Dolores é parte de uma simulação violenta, onde desejos brutais são satisfeitos por seres humanos que se permitem o que de pior pode existir na humanidade. Uma frase lhe foi dita ao ouvido e soou como uma senha para seu despertar. Ela está para descobrir o significado da citação de William Shakespeare que seu pai lhe sussurrou: “O prazer brutal tem final violento”.
NOTAS
Red Dead Redemption é um jogo eletrônico de ação-aventura desenvolvido pela Rockstar San Diego e publicado pela Rockstar Games em 2010, ambas pertencentes ao mesmo grupo da Rockstar North, desenvolvedora de outro jogo de mundo aberto de grande sucesso, o GTA - Grand Theft Auto. Em jogos de mundo aberto o jogador tem a liberdade de se movimentar por todo o território, podendo explorar como quiser ou ingressar em qualquer das diversas estórias paralelas que acontecem.
O Teste da Sala Chinesa foi proposto pelo matemático Alan Turing como meio de se verificar em que momento os computadores chegariam ao ponto de simular perfeitamente uma consciência humana. Um filme que explora mais profundamente essa ideia é o britânico Ex Machina, escrito e dirigido por Alex Garland e lançado em 2015.

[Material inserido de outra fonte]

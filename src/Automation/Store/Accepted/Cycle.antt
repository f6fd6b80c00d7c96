-- ===== src/Automation/Store/Accepted/Cycle.antt =====
-- The fields of the last cycle and of the scheduler that
-- tools/data-poc/src/automation/automationState.ts accepts.
use crypto_edge_ai.Common.{◌≡◌, ok, ok_injective, bind-eq-ok, then-eq-ok}
use crypto_edge_ai.Number.{Number}
use crypto_edge_ai.Json.{property, Fields}
use crypto_edge_ai.Automation.State.{AutomationState}
use crypto_edge_ai.Automation.Store.Words.{failure_word, decision_word}
use crypto_edge_ai.Automation.Store.Values.{
  Format, exact, printed, optional_word, nullable_safe_text, optional_nullable_safe_text,
  optional_nullable_safe_description, optional_scheduler_version, normalize_source_statuses,
  optional_nullable_iso, optional_non_negative_integer, optional_nullable_non_negative_integer,
  normalize_request_counts,
}
use crypto_edge_ai.Automation.Store.Normalize.{read_cycle, read_schedule}
use crypto_edge_ai.Automation.Store.Valid.{IsStorable, HasAttempt, HasCycle}
use crypto_edge_ai.Automation.Store.Valid.Read.{
  nullable_safe_text-IsId, optional_nullable_safe_text-IsId, nullable_text-IsDescription,
  source_statuses-HasKey, optional_nullable_iso-IsDate, natural-IsCount, nullable_natural-IsCount,
  request_counts-IsCountEntry,
}
use crypto_edge_ai.Automation.Store.Accepted.Suspension.{Passed, IsCoherent-of_accepted}

module _ {n : Number} (f : Format n) where
  pub read_cycle-HasCycle :
      (fields : Fields n) (s : AutomationState) {s' : AutomationState}
      → Passed f s × HasAttempt f s
      → read_cycle f fields s ≡ ok s'
      → Passed f s' × HasAttempt f s' × HasCycle f s'
  unfolding read_cycle
  read_cycle-HasCycle fields s (h, i) e =
      let (v0, e0, rest0) =
        bind-eq-ok (optional_nullable_non_negative_integer f (property "cycle_duration_ms" fields))
          _ e in
      let (v1, e1, rest1) =
        bind-eq-ok (optional_nullable_iso f (property "snapshot_generated_at" fields)) _ rest0 in
      let (v2, e2, rest2) =
        bind-eq-ok (optional_non_negative_integer f (property "records_received" fields)) _ rest1 in
      let (v3, e3, rest3) =
        bind-eq-ok (optional_non_negative_integer f (property "records_valid" fields)) _ rest2 in
      let (v4, e4, rest4) =
        bind-eq-ok (optional_non_negative_integer f (property "records_rejected" fields)) _ rest3 in
      let (v5, e5, rest5) =
        bind-eq-ok (optional_non_negative_integer f (property "new_records" fields)) _ rest4 in
      let (v6, e6, rest6) =
        bind-eq-ok (optional_non_negative_integer f (property "follow_up_ingested" fields)) _
          rest5 in
      let (v7, e7, rest7) =
        bind-eq-ok (optional_non_negative_integer f (property "checkpoints_processed" fields)) _
          rest6 in
      let (v8, e8, rest8) =
        bind-eq-ok (normalize_source_statuses (property "source_statuses" fields)) _ rest7 in
      let (v9, e9, rest9) =
        bind-eq-ok (optional_nullable_safe_description (property "safe_error" fields)) _ rest8 in
      let (v10, e10, rest10) =
        bind-eq-ok (normalize_request_counts f (property "request_counts" fields)) _ rest9 in
      let (v11, e11, rest11) =
        bind-eq-ok (nullable_safe_text (property "last_published_scanner_run_id" fields)) _
          rest10 in
      let (v12, e12, rest12) =
        bind-eq-ok (nullable_safe_text (property "last_published_context_run_id" fields)) _
          rest11 in
      let here = ok_injective rest12 in
      rw (← here) (
        h,
        i,
        (
          nullable_natural-IsCount f (property "cycle_duration_ms" fields) e0,
          optional_nullable_iso-IsDate f (property "snapshot_generated_at" fields) e1,
          natural-IsCount f (property "records_received" fields) e2,
          natural-IsCount f (property "records_valid" fields) e3,
          natural-IsCount f (property "records_rejected" fields) e4,
          natural-IsCount f (property "new_records" fields) e5,
          natural-IsCount f (property "follow_up_ingested" fields) e6,
          natural-IsCount f (property "checkpoints_processed" fields) e7,
          source_statuses-HasKey (property "source_statuses" fields) e8,
          nullable_text-IsDescription (property "safe_error" fields) e9,
          request_counts-IsCountEntry f (property "request_counts" fields) e10,
          nullable_safe_text-IsId (property "last_published_scanner_run_id" fields) e11,
          nullable_safe_text-IsId (property "last_published_context_run_id" fields) e12,
        ),
      )

  pub read_schedule-IsStorable :
      (fields : Fields n) (s : AutomationState) {s' : AutomationState}
      → Passed f s × HasAttempt f s × HasCycle f s
      → read_schedule f fields s ≡ ok s'
      → IsStorable f s'
  unfolding read_schedule
  read_schedule-IsStorable fields s (h, i, j) e =
      let rest =
        then-eq-ok (optional_scheduler_version (property "scheduler_schema_version" fields)) e in
      let (v0, e0, rest0) =
        bind-eq-ok (optional_nullable_iso f (property "last_scheduler_check_at" fields)) _ rest in
      let (v1, e1, rest1) =
        bind-eq-ok (optional_word printed decision_word (property "last_decision" fields)) _
          rest0 in
      let (v2, e2, rest2) =
        bind-eq-ok (optional_nullable_iso f (property "next_scanner_run_at" fields)) _ rest1 in
      let (v3, e3, rest3) =
        bind-eq-ok (optional_nullable_iso f (property "next_alternative_me_run_at" fields)) _
          rest2 in
      let (v4, e4, rest4) =
        bind-eq-ok (optional_nullable_iso f (property "next_defillama_run_at" fields)) _ rest3 in
      let (v5, e5, rest5) =
        bind-eq-ok (optional_nullable_iso f (property "last_scanner_success_at" fields)) _ rest4 in
      let (v6, e6, rest6) =
        bind-eq-ok (optional_nullable_iso f (property "last_context_success_at" fields)) _ rest5 in
      let (v7, e7, rest7) =
        bind-eq-ok (optional_nullable_safe_text (property "last_scanner_run_id" fields)) _ rest6 in
      let (v8, e8, rest8) =
        bind-eq-ok (optional_nullable_safe_text (property "last_context_run_id" fields)) _ rest7 in
      let (v9, e9, rest9) =
        bind-eq-ok (optional_non_negative_integer f (property "missed_schedule_count" fields)) _
          rest8 in
      let (v10, e10, rest10) =
        bind-eq-ok (optional_non_negative_integer f (property "consecutive_failure_count" fields)) _
          rest9 in
      let (v11, e11, rest11) =
        bind-eq-ok (optional_word exact failure_word (property "last_failure_class" fields)) _
          rest10 in
      let here = ok_injective rest11 in
      rw (← here) (record {
        coherent = IsCoherent-of_accepted _ h.0;
        suspension = h.1;
        attempt = i;
        cycle = j;
        schedule = (
          optional_nullable_iso-IsDate f (property "last_scheduler_check_at" fields) e0,
          optional_nullable_iso-IsDate f (property "next_scanner_run_at" fields) e2,
          optional_nullable_iso-IsDate f (property "next_alternative_me_run_at" fields) e3,
          optional_nullable_iso-IsDate f (property "next_defillama_run_at" fields) e4,
          optional_nullable_iso-IsDate f (property "last_scanner_success_at" fields) e5,
          optional_nullable_iso-IsDate f (property "last_context_success_at" fields) e6,
          optional_nullable_safe_text-IsId (property "last_scanner_run_id" fields) e7,
          optional_nullable_safe_text-IsId (property "last_context_run_id" fields) e8,
          natural-IsCount f (property "missed_schedule_count" fields) e9,
          natural-IsCount f (property "consecutive_failure_count" fields) e10,
        );
      })
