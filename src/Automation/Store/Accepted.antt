-- ===== src/Automation/Store/Accepted.antt =====
-- Whatever its file holds, the state that tools/data-poc/src/automation/automationState.ts reads from
-- it can be written.
mod Suspension
mod Attempt
mod Cycle
use crypto_edge_ai.Common.{
  ◌≢◌, ◌≡◌, refl, sym, Option, none, some, Bool, true, false, ok, Bool-cases, inl, inr, String,
  ok_injective, bind-eq-ok, then-eq-ok,
}
use crypto_edge_ai.Number.{Number}
use crypto_edge_ai.Json.{property, coalesce, Fields, Value, null, bool, num, str, obj, arr}
use crypto_edge_ai.Date.{DateText}
use crypto_edge_ai.Automation.ErrorCode.{is_safe_text}
use crypto_edge_ai.Automation.ErrorCode.{is_safe_text}
use crypto_edge_ai.Automation.ErrorCode.{is_safe_text}
use crypto_edge_ai.Automation.ErrorCode.{is_safe_text}
use crypto_edge_ai.Automation.ErrorCode.{is_safe_text}
use crypto_edge_ai.Automation.State.{
  CycleStatus, RunResult, AutomationState, create_initial_automation_state,
}
use crypto_edge_ai.Automation.State.Coherence.{IsCoherent}
use crypto_edge_ai.Automation.Store.Words.{result_word, cycle_word, failure_word, decision_word}
use crypto_edge_ai.Automation.Store.Values.{
  Format, exact, printed, when_word, then_word, when_word, then_word, when_word, then_word,
  when_word, then_word, when_word, then_word, nullable_word, optional_word, nullable_safe_text,
  optional_nullable_safe_text, optional_nullable_safe_description, optional_boolean,
  optional_scheduler_version, state_version, normalize_source_statuses, nullable_iso,
  optional_nullable_iso, optional_non_negative_integer, optional_nullable_non_negative_integer,
  normalize_request_counts,
}
use crypto_edge_ai.Automation.Store.Normalize.{
  is_incoherent, suspension_of, read_suspension, read_attempt, read_cycle, read_schedule,
  normalize_fields, normalize_automation_state,
}
use crypto_edge_ai.Automation.Store.Valid.{
  IsStorable, HasSuspension, HasAttempt, HasCycle, HasSchedule, IsId, Inherits, Each, IsDate,
}
use crypto_edge_ai.Automation.Store.Valid.Read.{
  when_valid-eq-ok, nullable_safe_text-IsId, optional_nullable_safe_text-IsId,
  nullable_text-IsDescription, source_statuses-HasKey, nullable_iso-IsDate,
  optional_nullable_iso-IsDate, natural-IsCount, nullable_natural-IsCount,
  request_counts-IsCountEntry,
}
use crypto_edge_ai.Automation.Store.Accepted.Suspension.{read_suspension-Passed}
use crypto_edge_ai.Automation.Store.Accepted.Attempt.{read_attempt-HasAttempt}
use crypto_edge_ai.Automation.Store.Accepted.Cycle.{read_cycle-HasCycle, read_schedule-IsStorable}

module _ {n : Number} (f : Format n) where
  normalize_fields-IsStorable :
      (fields : Fields n) {s : AutomationState} → normalize_fields f fields ≡ ok s → IsStorable f s
  unfolding normalize_fields
  normalize_fields-IsStorable fields e =
      let rest = then-eq-ok (state_version (property "schema_version" fields)) e in
      let (s, e0, rest0) =
        bind-eq-ok (read_suspension f fields create_initial_automation_state) _ rest in
      let (s', e1, rest1) = bind-eq-ok (read_attempt f fields s) _ rest0 in
      let (s'', e2, rest2) = bind-eq-ok (read_cycle f fields s') _ rest1 in
      let passed = read_suspension-Passed f fields create_initial_automation_state e0 in
      let attempt = read_attempt-HasAttempt f fields s passed e1 in
      read_schedule-IsStorable f fields s'' (read_cycle-HasCycle f fields s' attempt e2) rest2

  -- Whatever is accepted can be written.
  pub normalize-IsStorable :
      (value : Value n) {s : AutomationState}
      → normalize_automation_state f value ≡ ok s
      → IsStorable f s
  unfolding normalize_automation_state
  normalize-IsStorable (obj fields) e = normalize_fields-IsStorable fields e
  normalize-IsStorable _ e = cc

Ilha da Fantasia (Fantasy Island) é uma série para TV produzida por Aaron Spelling e Leonard Goldberg, que foi originalmente ao ar na televisão norte-americana de 1978 a 1984, com Ricardo Montalbán no papel do anfitrião sr. Roarke e Hervé Villechaize no papel de seu pequeno assistente, Tattoo.
Exterminador do Futuro (The Terminator) é um filme norte-americano de 1984, dirigido por James Cameron, onde um androide construído para matar chega de um futuro onde máquinas e humanos estão em uma guerra sem tréguas, com a missão de eliminar um importante alvo estratégico.